======== DATASET RECORDS
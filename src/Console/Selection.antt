-- ===== src/Console/Selection.antt =====
-- What web/src/pages/CFConsole.tsx has selected.
use cloudflared_manager.Base.{
  ◌≡◌, ◌⊎◌, refl, ap, true, false, not, ◌&&◌, some, List, [], ◌∷◌, Str, str_eq, str_eq_iff,
  is_empty, Bool-cases, inl, inr,
}
use mathlib.Core.Bool.{and-eq-true_iff}
use cloudflared_manager.Api.Types.{Tunnel}
use cloudflared_manager.Api.Reply.{done}
use cloudflared_manager.Console.{
  list_tunnels, change_account, delete_tunnel, Console, includes_id, first_of, keep_or_first,
  tunnel_ids, select_account, tunnels_listed, delete_confirmed, on_tunnels, console_step,
  console_steps,
}

first_of-includes_id : (ids : List Str) → (ids ≡ []) ⊎ (includes_id (first_of ids) ids ≡ true)
first_of-includes_id [] = inl refl
first_of-includes_id (id ∷ ids) = inr (let same = (str_eq_iff id id).1 refl in rw same refl)

-- The selection is kept where it is listed, is the first of the list otherwise, and is empty if that is.
pub keep_or_first_sound :
    (prev : Str) (ids : List Str)
    → (includes_id (keep_or_first prev ids) ids ≡ true)
      ⊎ ((ids ≡ []) × (keep_or_first prev ids ≡ []))
unfolding keep_or_first
keep_or_first_sound prev ids = elim (Bool-cases (not (is_empty prev) && includes_id prev ids)) [
  | inl kept ↦
      rw kept (inl ((and-eq-true_iff (not (is_empty prev)) (includes_id prev ids)).0 kept).1)
  | inr lost ↦
      rw lost (elim (first_of-includes_id ids) [ inl e ↦ inr (e, ap first_of e) | inr h ↦ inl h ])
]

-- Behind every list of tunnels that arrives, the selected tunnel is one of the list, or there is none.
pub on_tunnels-includes_id :
    (p : Console) (items : List Tunnel)
    → (let q = on_tunnels (done (some items)) p in
        (q.tunnels ≡ items)
        × ((includes_id q.tid (tunnel_ids items) ≡ true)
            ⊎ ((tunnel_ids items ≡ []) × (q.tid ≡ []))))
unfolding on_tunnels
on_tunnels-includes_id p items = (refl, keep_or_first_sound p.tid (tunnel_ids items))

change_account-load :
    (aid : Str) (p : Console)
    → str_eq aid p.aid ≡ false
    → is_empty aid ≡ false
    → change_account aid p ≡ (record p { aid = aid; tunnels_loading = true }, list_tunnels aid ∷ [])
unfolding change_account
change_account-load aid p h e = rw (h, e)

-- When another account is selected while the tunnels of the one before are on their way, and these arrive
-- last, the console shows them under the other account, one of them selected, and acts on them there.
pub select_account_overtaken :
    (p : Console) (first second : Str) (early late : List Tunnel) (t : Tunnel)
    → str_eq first p.aid ≡ false
    → str_eq second first ≡ false
    → is_empty first ≡ false
    → is_empty second ≡ false
    → (let q =
          (console_steps
            (select_account first
              ∷ select_account second
              ∷ tunnels_listed (done (some late))
              ∷ tunnels_listed (done (some early))
              ∷ [])
            p).0 in
        (q.aid ≡ second)
        × (q.tunnels ≡ early)
        × ((includes_id q.tid (tunnel_ids early) ≡ true) ⊎ ((tunnel_ids early ≡ []) × (q.tid ≡ [])))
        × ((console_step (delete_confirmed t) q).1 ≡ delete_tunnel second t.id ∷ []))
unfolding console_steps console_step on_tunnels
select_account_overtaken p first second early late t h k e f =
    let p1 = record p { aid = first; tunnels_loading = true } in
    rw (change_account-load first p h e, change_account-load second p1 k f)
      (
        refl,
        refl,
        keep_or_first_sound (keep_or_first p.tid (tunnel_ids late)) (tunnel_ids early),
        refl,
      )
================
- **AIM OF THE TASK**
From the entries above, select each line containing the string "items".

- **COMPLETED EXERCISE**
    (p : Console) (items : List Tunnel)
    → (let q = on_tunnels (done (some items)) p in
        (q.tunnels ≡ items)
        × ((includes_id q.tid (tunnel_ids items) ≡ true)
            ⊎ ((tunnel_ids items ≡ []) × (q.tid ≡ []))))
on_tunnels-includes_id p items = (refl, keep_or_first_sound p.tid (tunnel_ids items))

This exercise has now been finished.